WHAT THE TASK REQUIRES — Which lines in the data contain the word "rounds"? Please copy each of them.

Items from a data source
↓↓↓

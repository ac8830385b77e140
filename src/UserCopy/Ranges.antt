-- ===== src/UserCopy/Ranges.antt =====
-- `user_range_ok` accepts a range of a user exactly if the user may touch every byte of it.
use aetheroz.Prelude.{
  ℕ, zero, suc, ◌+◌, ◌-◌, ◌*◌, ◌/◌, ◌%◌, ◌^◌, ◌≤◌, ◌<◌, ◌≡◌, ◌↔◌, refl, sym, ap₂, subst, ◌∙◌, inl,
  inr, Bool, true, false, ◌||◌, not, arith, ltb, leb, ◌==◌, if◌then◌else◌, Bool-cases, ==→eq,
}
use aetheroz.UserCopy.{
  UcopyCtx, uc_user_va_max, uc_max_range, page_start, pages_mapped, range_mapped, user_range_ok,
}

module _ (is_mapped : ℕ → Bool) where
  pages_mapped_step :
      (last p n : ℕ)
      → pages_mapped is_mapped last p (suc n) ≡ (
          if not (is_mapped p)
          then false
          else if p == last
          then true
          else pages_mapped is_mapped last ((p + 0x1000) % 2 ^ 64) n)
  unfolding pages_mapped
  pages_mapped_step last p n = refl

  unmapped_first :
      (last p n : ℕ) → is_mapped p ≡ false → pages_mapped is_mapped last p (suc n) ≡ false
  unmapped_first last p n e = pages_mapped_step last p n ∙ rw e refl

  -- All pages from number `q` on, `n` behind the first, are mapped.
  abbrev AllMapped : ℕ → ℕ → Type 0
  AllMapped n q =
      (pages_mapped is_mapped ((q + n) * 4096) (q * 4096) (suc n) ≡ true)
      ↔ ((j : ℕ) → q ≤ j → j ≤ q + n → is_mapped (j * 4096) ≡ true)

  from_first : (n q : ℕ) → (is_mapped (q * 4096) ≡ true → AllMapped n q) → AllMapped n q
  from_first n q mapped = elim (Bool-cases (is_mapped (q * 4096))) [
    | inr bad ↦
        let value = unmapped_first ((q + n) * 4096) (q * 4096) n bad in
        (
          λ e. absurd (let w = sym value ∙ e in cc),
          λ all. absurd (let w = all q (omega arith) (omega arith) in cc),
        )
    | inl good ↦ mapped good
  ]

  pages_mapped_iff : (n q : ℕ) → (q + n) * 4096 < 2 ^ 63 → AllMapped n q
  pages_mapped_iff zero q h = from_first zero q (λ good.
      let only : (q * 4096 == (q + 0) * 4096) ≡ true = ground arith in
      (
        λ e j lo hi. subst (λ y. is_mapped (y * 4096) ≡ true) (omega arith) good,
        λ all. pages_mapped_step ((q + 0) * 4096) (q * 4096) 0 ∙ rw (good, only) refl,
      ))
  pages_mapped_iff (suc n) q h = from_first (suc n) q (λ good.
      let more : (q * 4096 == (q + suc n) * 4096) ≡ false = ground arith in
      let step : (q * 4096 + 0x1000) % 2 ^ 64 ≡ suc q * 4096 = omega arith in
      let last : (q + suc n) * 4096 ≡ (suc q + n) * 4096 = omega arith in
      let rest = pages_mapped_iff n (suc q) (omega arith) in
      let value : pages_mapped is_mapped ((q + suc n) * 4096) (q * 4096) (suc (suc n))
          ≡ pages_mapped is_mapped ((suc q + n) * 4096) (suc q * 4096) (suc n) =
        pages_mapped_step ((q + suc n) * 4096) (q * 4096) (suc n)
        ∙ rw (good, more) (ap₂ (λ l p. pages_mapped is_mapped l p (suc n)) last step) in
      (
        λ e j lo hi. elim (Bool-cases (q == j)) [
          | inl here ↦ subst (λ y. is_mapped (y * 4096) ≡ true) (==→eq _ _ here) good
          | inr later ↦ rest.0 (sym value ∙ e) j (ground arith) (omega arith)
        ],
        λ all. value ∙ rest.1 (λ j lo hi. all j (omega arith) (omega arith)),
      ))

-- The pages of the bytes from `a` up to `b` are those from `a`'s to `b`'s.
range_mapped_iff :
    (is_mapped : ℕ → Bool) (a b : ℕ)
    → a ≤ b
    → b < 2 ^ 62
    → (range_mapped is_mapped (page_start a) (page_start b) ≡ true)
      ↔ ((x : ℕ) → a ≤ x → x ≤ b → is_mapped (page_start x) ≡ true)
unfolding range_mapped
range_mapped_iff is_mapped a b le lt =
    let n = b / 4096 - a / 4096 in
    let ends : b / 4096 ≡ a / 4096 + n = omega arith in
    let rounds : (b / 4096 * 4096 - a / 4096 * 4096) / 4096 + 1 ≡ suc n = omega arith in
    let pages = pages_mapped_iff is_mapped n (a / 4096) (omega arith) in
    let value : pages_mapped is_mapped (b / 4096 * 4096) (a / 4096 * 4096)
          ((b / 4096 * 4096 - a / 4096 * 4096) / 4096 + 1)
        ≡ pages_mapped is_mapped ((a / 4096 + n) * 4096) (a / 4096 * 4096) (suc n) =
      ap₂ (λ l r. pages_mapped is_mapped (l * 4096) (a / 4096 * 4096) r) ends rounds in
    (
      λ e x lo hi. pages.0 (sym value ∙ e) (x / 4096) (omega arith) (omega arith),
      λ all.
          value
          ∙ pages.1 (λ j lo hi. elim (Bool-cases (a / 4096 == j)) [
            | inl first ↦
                subst (λ y. is_mapped (y * 4096) ≡ true) (==→eq _ _ first) (all a (omega arith) le)
            | inr later ↦
                let inner = all (j * 4096) (ground arith) (omega arith) in
                subst (λ y. is_mapped (y * 4096) ≡ true) (omega arith) inner
          ]),
    )

chain_iff :
    (z l w u v r : Bool)
    → l ≡ false
    → u ≡ true
    → ((if z
          then false
          else if l
          then true
          else if w
          then false
          else if not u
          then true
          else if v
          then false
          else r)
        ≡ true)
      ↔ ((z ≡ false) × (w ≡ false) × (v ≡ false) × (r ≡ true))
chain_iff z l w u v r h k = ground arith

word_parts :
    (uaddr len : ℕ)
    → (ltb uc_max_range len || ltb ((uaddr + len) % 2 ^ 64) uaddr) ≡ false
    → (len ≤ uc_max_range) × (uaddr ≤ (uaddr + len) % 2 ^ 64)
word_parts uaddr len h = ground arith

user_parts :
    (uaddr len : ℕ)
    → (leb uc_user_va_max uaddr || ltb (uc_user_va_max - uaddr) len) ≡ false
    → uaddr + len ≤ uc_user_va_max
user_parts uaddr len h = ground arith

-- `user_range_ok` for a range that is not empty, of a caller in ring 3, with 64-bit arguments: it holds
-- exactly if the address is not 0, the length is at most 64 MiB, and every byte of the range lies in the
-- user's half of the address space, on a page that is mapped.
pub user_range_ok_iff :
    (ctx : UcopyCtx) (uaddr len : ℕ)
    → ctx.from_user ≡ true
    → 0 < len
    → uaddr < 2 ^ 64
    → len < 2 ^ 64
    → (user_range_ok ctx uaddr len ≡ true) ↔ (
        (0 < uaddr)
        × (len ≤ uc_max_range)
        × ((x : ℕ)
            → uaddr ≤ x
            → x < uaddr + len
            → (x < uc_user_va_max) × (ctx.is_mapped (page_start x) ≡ true)))
unfolding user_range_ok
user_range_ok_iff ctx uaddr len user some_bytes ha hl =
    let b = uaddr + len - 1 in
    let not_empty : (len == 0) ≡ false = ground arith in
    let tests =
      chain_iff (uaddr == 0) (len == 0) (ltb uc_max_range len || ltb ((uaddr + len) % 2 ^ 64) uaddr)
        ctx.from_user (leb uc_user_va_max uaddr || ltb (uc_user_va_max - uaddr) len)
        (range_mapped ctx.is_mapped (page_start uaddr) (page_start b)) not_empty user in
    (
      λ e.
          let (z, w, v, r) = tests.0 e in
          let (short, _) = word_parts uaddr len w in
          let ends = user_parts uaddr len v in
          let pages = range_mapped_iff ctx.is_mapped uaddr b (omega arith) (omega arith) in
          (ground arith, short, λ x lo hi. (omega arith, pages.0 r x lo (omega arith))),
      λ (given, short, all).
          let low = (all uaddr (omega arith) (omega arith)).0 in
          let high = (all b (omega arith) (omega arith)).0 in
          let pages = range_mapped_iff ctx.is_mapped uaddr b (omega arith) (omega arith) in
          let mapped = pages.1 (λ x lo hi. (all x lo (omega arith)).1) in
          tests.1 (ground arith, ground arith, ground arith, mapped),
    )
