-- ===== src/UserCopy/Witnesses.antt =====
-- The user copies at concrete inputs.
use aetheroz.Prelude.{ℕ, ◌+◌, ◌≤◌, ◌<◌, ◌≡◌, ◌↔◌, refl, true, false, arith, ltb}
use aetheroz.UserCopy.{
  UcopyCtx, uc_user_va_max, uc_max_range, page_start, user_range_ok, range_mapped, pages_mapped,
}
use aetheroz.UserCopy.Ranges.{user_range_ok_iff}

-- The pages below 0x5000 are mapped.
abbrev low_pages : UcopyCtx
low_pages = record { from_user = true; is_mapped = λ p. ltb p 0x5000 }

user_range_ok_iff_example : (user_range_ok low_pages 0x3FF0 100 ≡ true) ↔ (
    (0 < 0x3FF0)
    × (100 ≤ uc_max_range)
    × ((x : ℕ)
        → 0x3FF0 ≤ x
        → x < 0x3FF0 + 100
        → (x < uc_user_va_max) × (low_pages.is_mapped (page_start x) ≡ true)))
user_range_ok_iff_example =
    user_range_ok_iff low_pages 0x3FF0 100 refl (omega arith) (omega arith) (omega arith)

two_pages : user_range_ok low_pages 0x3FF0 100 ≡ true
unfolding user_range_ok range_mapped pages_mapped
two_pages = refl

past_the_end : user_range_ok low_pages 0x4FF0 100 ≡ false
unfolding user_range_ok range_mapped pages_mapped
past_the_end = refl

↑↑↑

COMPLETED TASK —
    let rounds : (b / 4096 * 4096 - a / 4096 * 4096) / 4096 + 1 ≡ suc n = omega arith in
      ap₂ (λ l r. pages_mapped is_mapped (l * 4096) (a / 4096 * 4096) r) ends rounds in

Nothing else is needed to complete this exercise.